Vinny Ciurciu

No. 44, 50, 54, 46, 52
- Position: Linebacker

Personal information
- Born: May 2, 1980 (age 45) Hackensack, New Jersey, U.S.
- Height: 6 ft 0 in (1.83 m)
- Weight: 240 lb (109 kg)

Career information
- High school: Saint Joseph Regional (Montvale, New Jersey)
- College: Boston College
- NFL draft: 2003: undrafted

Career history
- Carolina Panthers (2003)*; Tampa Bay Buccaneers (2003); Carolina Panthers (2003–2006); Minnesota Vikings (2007–2008); New England Patriots (2009)*; Detroit Lions (2009–2010);
- * Offseason and/or practice squad member only

Career NFL statistics
- Total tackles: 115
- Fumble recoveries: 1
- Pass deflections: 2
- Stats at Pro Football Reference

= Vinny Ciurciu =

American football player (born 1980)

Vincenzo Ciurciu (born May 2, 1980) is an American former professional football player who was a linebacker in the National Football League (NFL). He was signed by the Carolina Panthers as an undrafted free agent in 2003. He played college football for the Boston College Eagles.

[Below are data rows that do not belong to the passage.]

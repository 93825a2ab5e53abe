-- ===== src/Sched/Tests.antt =====
-- Calls on the machine of Sched/Example.
use schedmon.Prelude.{
  ℕ, zero, suc, ap, ◌+◌, ◌%◌, ◌≡◌, ◌≢◌, refl, arith, true, ◌&&◌, Option, none, some, List, [], ◌∷◌,
  length, if◌then◌else◌, ◌==◌, ltb, deref, tally, weight,
}
use schedmon.Ring.{RingBuffer, smon_get_rb, sample_type_fork, smon_rb_is_active, smon_rb_write}
use schedmon.Ring.Index.{u32}
use schedmon.Envir.{
  smon_get_envir, smon_release_envir, envir_option_rapl, envir_option_inherit, envir_option_fork,
}
use schedmon.Task.Life.{
  get_rb, get_envir, new_task, drop_rb, release_rb, release_envir, smon_create_child,
  smon_destroy_task,
}
use schedmon.Sample.{fork_bytes}
use schedmon.Sched.Count.Samples.{smon_rb_write-active}
use schedmon.Task.Sampling.{smon_sample_write}
use schedmon.Sched.Register.{
  adopt, smon_sched_register_child, cancel_timer, smon_sched_unregister_children, stop_rapl,
  smon_sched__unregister_task,
}
use schedmon.Sched.Hooks.{smon_sched_process_fork, inherit, fork_sample}
use schedmon.Sched.Calls.{serve}
use schedmon.Task.{Task, Machine}
use schedmon.Sched.{is_pid, is_process, find_task, after, split_at, ring_del, list_del}
use schedmon.Sched.Register.{smon_sched_unregister_task}
use schedmon.Sched.Hooks.{smon_sched_switch, smon_sched_migrate_task}
use schedmon.Sched.Calls.{Call, fork, serve_all}
use schedmon.Sched.Count.{holds, uses}
use schedmon.Sched.Count.Calls.{IsCounted, serve_all-IsCounted}
use schedmon.Sched.Count.Alive.{serve_all-envir, serve_all-active}
use schedmon.Sched.Dangling.{unregister_task-switch}
use schedmon.Sched.Migrate.{occurs, IsAlive, migrate_task-moves}
use schedmon.Sched.Example.{Registers, core, envir, task, rb, machine, now}

machine-IsCounted : IsCounted machine
machine-IsCounted = record { rbs = count_rb; envirs = count_envir }
  where
    count_rb :
        (r : ℕ)
        → weight (λ x. x.active) (deref machine.rbs r) % u32 ≡ tally (holds r) machine.tasks % u32
    count_rb zero = refl
    count_rb (suc r) = ground arith

    count_envir :
        (e : ℕ)
        → weight (λ x. x.count) (deref machine.envirs e) % u32 ≡ tally (uses e) machine.tasks % u32
    count_envir zero = refl
    count_envir (suc e) = ground arith

abbrev or_else : Machine Registers → Option (Machine Registers) → Machine Registers
or_else m none = m
or_else m (some m') = m'

-- A fork, whose child shares the environment and the ring buffer.
abbrev forked : List Call
forked = fork true 540 1 7 1 8 43 ∷ []

abbrev after_fork : Machine Registers
after_fork = or_else machine (serve_all core forked machine)

abbrev child : Task
child = record (new_task 8 43 0 (some 0) none) { envir = some 0 }

abbrev rb_after : RingBuffer
rb_after =
    smon_rb_write (smon_get_rb rb) sample_type_fork
      (fork_bytes record { timestamp = 540; parent = 42; child = 43 })

fork_facts :
    (serve_all core forked machine ≡ some after_fork)
    × (after_fork.tasks ≡ some (record task { n_children = 1 }) ∷ some child ∷ [])
    × (after_fork.rbs ≡ some rb_after ∷ [])
unfolding serve serve_all smon_sched_process_fork find_task inherit smon_sched_register_child
    smon_create_child get_rb get_envir adopt fork_sample smon_sample_write envir_option_inherit
    envir_option_fork new_task smon_get_envir
fork_facts = (refl, refl, refl)

serve_all-IsCounted_example : IsCounted after_fork
serve_all-IsCounted_example =
    serve_all-IsCounted core forked machine after_fork machine-IsCounted fork_facts.0

serve_all-envir_example : deref after_fork.envirs 0 ≢ none
serve_all-envir_example =
    serve_all-envir core forked machine after_fork 1 0 child machine-IsCounted fork_facts.0
      (omega (arith, ap length fork_facts.1)) (ap (λ ts. deref ts 1) fork_facts.1) refl

rb_after-active : rb_after.active ≡ 2
unfolding smon_get_rb
rb_after-active = smon_rb_write-active (smon_get_rb rb) sample_type_fork _

serve_all-active_example : smon_rb_is_active rb_after ≡ ltb 0 (tally (holds 0) after_fork.tasks)
serve_all-active_example =
    serve_all-active core forked machine after_fork 0 rb_after machine-IsCounted fork_facts.0
      (omega (arith, ap length fork_facts.1)) (ap (λ rbs. deref rbs 0) fork_facts.2)
      (omega (arith, rb_after-active))

-- The task is unregistered while it is on the list of core 1.
abbrev gone : Machine Registers
gone = elim (smon_sched_unregister_task 42 machine) [ none ↦ machine | some ended ↦ ended.0 ]

found_pid : find_task (is_pid 42) machine.tasks machine.task_list ≡ some (some 0)
unfolding find_task
found_pid = refl

unregister_runs : smon_sched_unregister_task 42 machine ≡ some (gone, true)
unfolding find_task smon_sched_unregister_task smon_sched__unregister_task cancel_timer
    smon_sched_unregister_children stop_rapl smon_destroy_task drop_rb release_rb release_envir
    smon_release_envir after split_at ring_del list_del envir_option_rapl
unregister_runs = refl

unregister_task-switch_example : smon_sched_switch core now 1 7 9 gone ≡ none
unregister_task-switch_example =
    unregister_task-switch core now 42 1 7 9 0 [] machine gone found_pid refl unregister_runs

found_process : find_task (is_process 7) machine.tasks (machine.cpu_list 1) ≡ some (some 0)
unfolding find_task
found_process = refl

machine-IsAlive : IsAlive machine 0
machine-IsAlive = record {
  task = task;
  e = 0;
  envir = envir;
  r = 0;
  rb = rb;
  at = refl;
  points_envir = refl;
  at_envir = refl;
  points_rb = refl;
  at_rb = refl;
}

migrate_task-moves_example :
    (m' : Machine Registers) × (smon_sched_migrate_task (1 ∷ 2 ∷ 3 ∷ 4 ∷ []) 550 1 7 0 machine
      ≡ some m')
    × ((cpu x : ℕ)
        → occurs x (m'.cpu_list cpu) + (if cpu == 1 && x == 0 then 1 else 0)
          ≡ occurs x (machine.cpu_list cpu) + (if cpu == 0 && x == 0 then 1 else 0))
    × (find_task (is_process 7) m'.tasks (m'.cpu_list 0) ≡ some (some 0))
migrate_task-moves_example =
    migrate_task-moves (1 ∷ 2 ∷ 3 ∷ 4 ∷ []) 550 1 7 0 0 machine found_process machine-IsAlive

Ciurciu was also member of the Tampa Bay Buccaneers, Minnesota Vikings, New England Patriots and Detroit Lions.

==Early life==
Ciurciu played high school football at Saint Joseph Regional High School in Montvale, New Jersey, after playing one season in Elmwood Park Memorial High School in Elmwood Park, New Jersey. He was garnished all-state honors at linebacker as a junior and senior. He rushed for 1,260 yards and 25 touchdowns his senior year.

==College career==
Ciurciu began his college career at Clemson University as a freshman fullback in 1998. He played in 23 games between 1998 and 1999, totaling 30 carries, four catches, and one touchdown. After head coach Tommy West was fired from Clemson, Tommy Bowden was hired as head coach, and brought in a new offensive plan. This resulted in Ciurciu getting lost in the mix and prompted him to transfer to Boston College. He sat out the 2000 season at BC per transfer rules. Ciurciu moved to linebacker for the Eagles and led the team in tackles as a junior in 2001 with 87 tackles and two interceptions, and ranked second on team as a senior in 2002 with 102 tackles and one interception.

==Professional career==

===Carolina Panthers (first stint)===
After going undrafted in the 2003 NFL draft, Ciurciu was signed by the Carolina Panthers on May 2, 2003, but was released on August 31, 2003. He was re-signed to the Panthers practice squad three days later.

===Tampa Bay Buccaneers===
On October 8, 2003, the Buccaneers signed Ciurciu off the Panthers practice squad to their active roster. He was released by the Buccaneers on December 2, 2003.

===Carolina Panthers (second stint)===
Ciurciu was re-signed to the Panthers practice squad on December 5, 2003. He was elevated to their active roster on December 20, where he spent the remainder of the regular season and the playoffs, including the Panthers' appearance in Super Bowl XXXVIII.

In 2004, Ciurciu played in all 16 games and started four games, for an injured Dan Morgan, at middle linebacker, and registered a career-high 33 tackles, 25 of them solo tackles. In three of his four starts, he had 7 or more tackles. In 2005, he ranked second on team with 14 special teams stops. His one start of the year came against Miami on September 25 at outside linebacker in place of Will Witherspoon. In 2006, he led Carolina with a career-best 18 special teams tackles 11 of them solo tackles, and again played in all 16 games.

===Minnesota Vikings===
Ciurciu signed with the Minnesota Vikings following the 2006 season. In 2007, he tied for second among Vikings with 15 special teams tackles despite missing three games during the season with injuries. In 2008, he played in 14 games with one start and totaled eight tackles. He was released by the Vikings in March 2009 after his total of tackles plummeted from 15 in 2007 to eight in 2008. At the finish of his career with Minnesota, Ciurciu appeared in 27 regular seasons games, totaling 23 tackles on special teams.

===New England Patriots===
The New England Patriots signed Ciurciu on May 4, 2009. He was released on September 4, 2009.

===Detroit Lions===
The Detroit Lions signed Ciurciu October 22, 2009. He was re-signed on March 5, 2010.

On September 3, 2011, it was announced that Vinny Ciurciu would be suspended from four regular season games for violating the league's substance abuse policy.